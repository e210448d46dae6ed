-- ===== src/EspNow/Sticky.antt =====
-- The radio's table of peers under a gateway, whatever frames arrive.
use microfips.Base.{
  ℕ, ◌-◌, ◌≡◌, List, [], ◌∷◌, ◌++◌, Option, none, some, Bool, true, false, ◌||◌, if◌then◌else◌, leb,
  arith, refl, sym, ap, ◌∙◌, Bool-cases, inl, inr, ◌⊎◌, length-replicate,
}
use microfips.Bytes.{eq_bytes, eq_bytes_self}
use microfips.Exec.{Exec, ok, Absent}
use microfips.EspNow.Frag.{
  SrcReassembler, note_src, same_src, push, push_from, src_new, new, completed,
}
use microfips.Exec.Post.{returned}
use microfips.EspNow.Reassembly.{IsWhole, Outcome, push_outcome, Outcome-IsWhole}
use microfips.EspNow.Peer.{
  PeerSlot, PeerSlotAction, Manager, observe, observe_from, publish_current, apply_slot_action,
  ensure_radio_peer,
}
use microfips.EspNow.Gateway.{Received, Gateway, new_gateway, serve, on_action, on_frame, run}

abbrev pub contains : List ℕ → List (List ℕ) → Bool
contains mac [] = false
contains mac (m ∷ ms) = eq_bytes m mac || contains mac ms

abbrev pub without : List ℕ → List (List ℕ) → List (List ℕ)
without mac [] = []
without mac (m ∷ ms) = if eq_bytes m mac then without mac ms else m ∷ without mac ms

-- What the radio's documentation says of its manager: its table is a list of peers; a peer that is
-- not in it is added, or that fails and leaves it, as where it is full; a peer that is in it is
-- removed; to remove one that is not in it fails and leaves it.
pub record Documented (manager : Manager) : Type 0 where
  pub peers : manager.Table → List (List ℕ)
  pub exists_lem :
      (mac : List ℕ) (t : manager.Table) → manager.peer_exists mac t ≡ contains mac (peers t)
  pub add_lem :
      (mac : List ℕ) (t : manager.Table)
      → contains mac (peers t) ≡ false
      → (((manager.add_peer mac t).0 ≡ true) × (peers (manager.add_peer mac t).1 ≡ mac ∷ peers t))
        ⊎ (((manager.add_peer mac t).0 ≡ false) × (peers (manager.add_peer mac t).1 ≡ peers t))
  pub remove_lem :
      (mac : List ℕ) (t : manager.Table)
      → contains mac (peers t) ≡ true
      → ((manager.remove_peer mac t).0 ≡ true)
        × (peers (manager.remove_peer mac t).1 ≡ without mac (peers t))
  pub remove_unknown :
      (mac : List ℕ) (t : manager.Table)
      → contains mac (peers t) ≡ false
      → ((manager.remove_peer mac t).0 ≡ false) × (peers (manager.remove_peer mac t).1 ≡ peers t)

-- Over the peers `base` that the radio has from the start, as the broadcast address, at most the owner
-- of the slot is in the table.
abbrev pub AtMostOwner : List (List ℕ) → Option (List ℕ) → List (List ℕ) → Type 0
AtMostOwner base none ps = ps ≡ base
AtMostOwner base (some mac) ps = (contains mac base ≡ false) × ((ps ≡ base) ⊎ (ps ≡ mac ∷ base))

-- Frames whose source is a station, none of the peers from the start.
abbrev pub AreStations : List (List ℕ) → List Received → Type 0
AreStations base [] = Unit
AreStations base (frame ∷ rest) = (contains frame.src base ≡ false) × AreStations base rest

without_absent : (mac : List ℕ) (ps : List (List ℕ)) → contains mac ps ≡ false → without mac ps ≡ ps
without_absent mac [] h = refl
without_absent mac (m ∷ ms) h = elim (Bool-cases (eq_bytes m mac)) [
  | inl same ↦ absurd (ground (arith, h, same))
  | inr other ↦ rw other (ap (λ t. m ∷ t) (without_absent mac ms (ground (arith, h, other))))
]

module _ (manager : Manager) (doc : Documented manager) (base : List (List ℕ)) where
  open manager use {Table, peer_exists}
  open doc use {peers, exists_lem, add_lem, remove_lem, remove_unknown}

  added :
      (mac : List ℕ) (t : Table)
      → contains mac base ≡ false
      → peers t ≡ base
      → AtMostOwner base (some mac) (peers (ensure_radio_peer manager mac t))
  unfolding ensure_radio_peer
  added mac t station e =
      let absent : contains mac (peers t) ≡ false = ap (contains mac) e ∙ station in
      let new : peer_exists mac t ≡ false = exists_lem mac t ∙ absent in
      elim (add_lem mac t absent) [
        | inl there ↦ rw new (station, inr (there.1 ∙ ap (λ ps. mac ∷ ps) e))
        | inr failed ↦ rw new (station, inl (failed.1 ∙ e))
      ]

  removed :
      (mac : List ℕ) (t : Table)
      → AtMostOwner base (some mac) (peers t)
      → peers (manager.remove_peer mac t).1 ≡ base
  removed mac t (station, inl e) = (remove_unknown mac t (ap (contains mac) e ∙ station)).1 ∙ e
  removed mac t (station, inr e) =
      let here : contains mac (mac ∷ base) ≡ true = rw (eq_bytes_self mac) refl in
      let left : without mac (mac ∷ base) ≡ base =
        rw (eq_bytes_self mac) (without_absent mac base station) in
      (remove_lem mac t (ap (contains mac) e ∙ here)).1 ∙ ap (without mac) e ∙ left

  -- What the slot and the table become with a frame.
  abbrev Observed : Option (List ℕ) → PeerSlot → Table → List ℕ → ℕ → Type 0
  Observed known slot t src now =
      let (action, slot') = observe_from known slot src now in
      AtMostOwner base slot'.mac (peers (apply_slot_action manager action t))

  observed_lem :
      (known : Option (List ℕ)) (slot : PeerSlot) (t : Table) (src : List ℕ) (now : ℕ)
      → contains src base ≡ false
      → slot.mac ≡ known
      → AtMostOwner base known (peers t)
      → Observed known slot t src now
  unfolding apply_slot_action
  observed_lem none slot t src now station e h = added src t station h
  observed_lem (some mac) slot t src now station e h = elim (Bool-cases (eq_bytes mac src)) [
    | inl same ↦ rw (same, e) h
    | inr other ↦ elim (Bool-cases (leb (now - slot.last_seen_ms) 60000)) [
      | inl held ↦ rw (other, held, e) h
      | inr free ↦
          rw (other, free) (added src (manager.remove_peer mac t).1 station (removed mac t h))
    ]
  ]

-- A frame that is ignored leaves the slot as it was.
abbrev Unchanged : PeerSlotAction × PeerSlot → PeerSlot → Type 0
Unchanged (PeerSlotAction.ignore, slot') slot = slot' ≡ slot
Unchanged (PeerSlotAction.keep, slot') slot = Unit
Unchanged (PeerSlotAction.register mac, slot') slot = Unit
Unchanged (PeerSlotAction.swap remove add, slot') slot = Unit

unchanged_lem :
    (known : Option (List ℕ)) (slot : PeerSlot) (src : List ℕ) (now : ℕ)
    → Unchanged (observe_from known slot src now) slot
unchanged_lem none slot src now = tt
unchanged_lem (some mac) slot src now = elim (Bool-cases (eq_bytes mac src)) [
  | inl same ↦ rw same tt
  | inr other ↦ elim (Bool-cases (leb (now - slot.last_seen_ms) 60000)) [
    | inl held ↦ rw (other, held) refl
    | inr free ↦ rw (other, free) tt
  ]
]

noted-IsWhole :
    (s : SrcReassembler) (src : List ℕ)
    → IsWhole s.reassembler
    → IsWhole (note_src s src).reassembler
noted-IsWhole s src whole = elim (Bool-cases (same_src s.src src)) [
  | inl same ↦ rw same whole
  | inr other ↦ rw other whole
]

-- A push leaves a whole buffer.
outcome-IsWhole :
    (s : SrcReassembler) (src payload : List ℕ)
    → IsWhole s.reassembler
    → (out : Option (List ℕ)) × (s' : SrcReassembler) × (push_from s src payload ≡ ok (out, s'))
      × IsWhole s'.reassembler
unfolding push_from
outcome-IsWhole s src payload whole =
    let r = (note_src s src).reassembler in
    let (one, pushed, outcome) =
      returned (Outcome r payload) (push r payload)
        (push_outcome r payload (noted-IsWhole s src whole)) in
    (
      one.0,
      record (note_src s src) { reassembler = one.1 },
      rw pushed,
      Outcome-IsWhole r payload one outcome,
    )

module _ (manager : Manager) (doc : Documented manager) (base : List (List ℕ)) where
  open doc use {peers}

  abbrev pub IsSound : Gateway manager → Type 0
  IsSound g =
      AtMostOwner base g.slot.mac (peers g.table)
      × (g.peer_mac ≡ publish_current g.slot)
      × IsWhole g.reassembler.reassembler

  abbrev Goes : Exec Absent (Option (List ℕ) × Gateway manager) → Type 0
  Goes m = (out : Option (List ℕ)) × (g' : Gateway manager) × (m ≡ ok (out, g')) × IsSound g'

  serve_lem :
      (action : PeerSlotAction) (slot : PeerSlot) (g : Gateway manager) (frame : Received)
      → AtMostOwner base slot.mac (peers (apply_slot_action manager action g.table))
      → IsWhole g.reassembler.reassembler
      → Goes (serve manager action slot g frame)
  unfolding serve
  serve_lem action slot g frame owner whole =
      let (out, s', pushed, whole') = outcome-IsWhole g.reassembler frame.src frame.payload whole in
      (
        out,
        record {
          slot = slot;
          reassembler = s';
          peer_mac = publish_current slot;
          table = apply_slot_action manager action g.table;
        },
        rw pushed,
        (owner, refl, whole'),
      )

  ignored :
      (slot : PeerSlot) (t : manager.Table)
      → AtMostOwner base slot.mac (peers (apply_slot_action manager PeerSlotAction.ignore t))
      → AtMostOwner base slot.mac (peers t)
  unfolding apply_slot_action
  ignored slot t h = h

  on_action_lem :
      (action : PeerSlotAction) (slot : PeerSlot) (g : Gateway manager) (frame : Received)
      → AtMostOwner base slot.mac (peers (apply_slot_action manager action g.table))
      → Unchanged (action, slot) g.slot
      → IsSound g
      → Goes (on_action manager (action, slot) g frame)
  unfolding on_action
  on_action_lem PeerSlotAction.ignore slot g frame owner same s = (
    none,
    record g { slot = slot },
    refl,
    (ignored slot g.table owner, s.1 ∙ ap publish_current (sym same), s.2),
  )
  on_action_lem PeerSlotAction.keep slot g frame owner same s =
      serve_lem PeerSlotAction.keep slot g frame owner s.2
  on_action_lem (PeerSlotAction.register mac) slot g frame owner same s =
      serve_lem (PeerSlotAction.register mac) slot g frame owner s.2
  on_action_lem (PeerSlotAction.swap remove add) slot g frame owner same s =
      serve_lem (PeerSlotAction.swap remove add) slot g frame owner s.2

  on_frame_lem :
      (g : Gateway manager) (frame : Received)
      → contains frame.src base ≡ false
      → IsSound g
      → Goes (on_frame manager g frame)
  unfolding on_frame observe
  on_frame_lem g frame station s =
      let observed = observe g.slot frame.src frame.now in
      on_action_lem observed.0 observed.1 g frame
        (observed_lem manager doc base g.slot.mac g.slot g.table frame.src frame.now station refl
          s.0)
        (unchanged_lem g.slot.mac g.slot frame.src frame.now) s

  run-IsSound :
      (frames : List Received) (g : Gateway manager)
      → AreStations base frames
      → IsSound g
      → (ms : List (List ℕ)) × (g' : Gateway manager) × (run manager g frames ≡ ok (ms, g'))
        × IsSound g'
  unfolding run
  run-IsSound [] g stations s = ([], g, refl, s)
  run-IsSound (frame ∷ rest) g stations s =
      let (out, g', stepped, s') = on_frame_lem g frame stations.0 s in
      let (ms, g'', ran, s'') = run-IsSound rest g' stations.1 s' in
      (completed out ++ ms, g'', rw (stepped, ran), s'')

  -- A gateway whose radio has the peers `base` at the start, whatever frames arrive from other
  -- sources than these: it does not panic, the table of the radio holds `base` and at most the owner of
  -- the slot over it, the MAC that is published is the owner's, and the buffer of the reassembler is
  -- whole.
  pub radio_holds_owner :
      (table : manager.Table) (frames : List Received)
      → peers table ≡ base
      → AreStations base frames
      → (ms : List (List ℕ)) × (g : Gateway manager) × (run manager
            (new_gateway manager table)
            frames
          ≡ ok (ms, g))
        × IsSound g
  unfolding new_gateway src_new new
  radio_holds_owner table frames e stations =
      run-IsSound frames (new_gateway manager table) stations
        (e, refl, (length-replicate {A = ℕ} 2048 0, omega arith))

> _Your assignment_:
Among the lines above, find the one with "t).1 ≡ peers t))" and the one with "elim (add_lem mac". Quote both and everything between them, exactly.

> _Exercise response_:
        ⊎ (((manager.add_peer mac t).0 ≡ false) × (peers (manager.add_peer mac t).1 ≡ peers t))
  pub remove_lem :
      (mac : List ℕ) (t : manager.Table)
      → contains mac (peers t) ≡ true
      → ((manager.remove_peer mac t).0 ≡ true)
        × (peers (manager.remove_peer mac t).1 ≡ without mac (peers t))
  pub remove_unknown :
      (mac : List ℕ) (t : manager.Table)
      → contains mac (peers t) ≡ false
      → ((manager.remove_peer mac t).0 ≡ false) × (peers (manager.remove_peer mac t).1 ≡ peers t)

-- Over the peers `base` that the radio has from the start, as the broadcast address, at most the owner
-- of the slot is in the table.
abbrev pub AtMostOwner : List (List ℕ) → Option (List ℕ) → List (List ℕ) → Type 0
AtMostOwner base none ps = ps ≡ base
AtMostOwner base (some mac) ps = (contains mac base ≡ false) × ((ps ≡ base) ⊎ (ps ≡ mac ∷ base))

-- Frames whose source is a station, none of the peers from the start.
abbrev pub AreStations : List (List ℕ) → List Received → Type 0
AreStations base [] = Unit
AreStations base (frame ∷ rest) = (contains frame.src base ≡ false) × AreStations base rest

without_absent : (mac : List ℕ) (ps : List (List ℕ)) → contains mac ps ≡ false → without mac ps ≡ ps
without_absent mac [] h = refl
without_absent mac (m ∷ ms) h = elim (Bool-cases (eq_bytes m mac)) [
  | inl same ↦ absurd (ground (arith, h, same))
  | inr other ↦ rw other (ap (λ t. m ∷ t) (without_absent mac ms (ground (arith, h, other))))
]

module _ (manager : Manager) (doc : Documented manager) (base : List (List ℕ)) where
  open manager use {Table, peer_exists}
  open doc use {peers, exists_lem, add_lem, remove_lem, remove_unknown}

  added :
      (mac : List ℕ) (t : Table)
      → contains mac base ≡ false
      → peers t ≡ base
      → AtMostOwner base (some mac) (peers (ensure_radio_peer manager mac t))
  unfolding ensure_radio_peer
  added mac t station e =
      let absent : contains mac (peers t) ≡ false = ap (contains mac) e ∙ station in
      let new : peer_exists mac t ≡ false = exists_lem mac t ∙ absent in
      elim (add_lem mac t absent) [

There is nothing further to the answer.